**Work request:** Give only the number of lines in these records that contain the word "pauses".

─── Supplied data ───

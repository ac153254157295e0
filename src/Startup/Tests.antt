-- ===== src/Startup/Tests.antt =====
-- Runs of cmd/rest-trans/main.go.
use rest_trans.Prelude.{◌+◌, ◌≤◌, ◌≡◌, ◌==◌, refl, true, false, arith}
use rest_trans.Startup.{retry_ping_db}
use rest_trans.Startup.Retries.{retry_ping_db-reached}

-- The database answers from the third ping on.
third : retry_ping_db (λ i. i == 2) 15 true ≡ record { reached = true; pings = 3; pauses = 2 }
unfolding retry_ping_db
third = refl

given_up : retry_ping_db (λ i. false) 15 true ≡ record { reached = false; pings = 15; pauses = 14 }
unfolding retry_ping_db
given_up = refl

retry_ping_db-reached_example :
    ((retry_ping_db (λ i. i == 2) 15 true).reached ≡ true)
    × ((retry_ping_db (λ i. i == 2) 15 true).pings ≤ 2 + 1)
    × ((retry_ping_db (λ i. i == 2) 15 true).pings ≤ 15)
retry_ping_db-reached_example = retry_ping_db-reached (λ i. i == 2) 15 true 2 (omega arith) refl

───

**Output below:** 2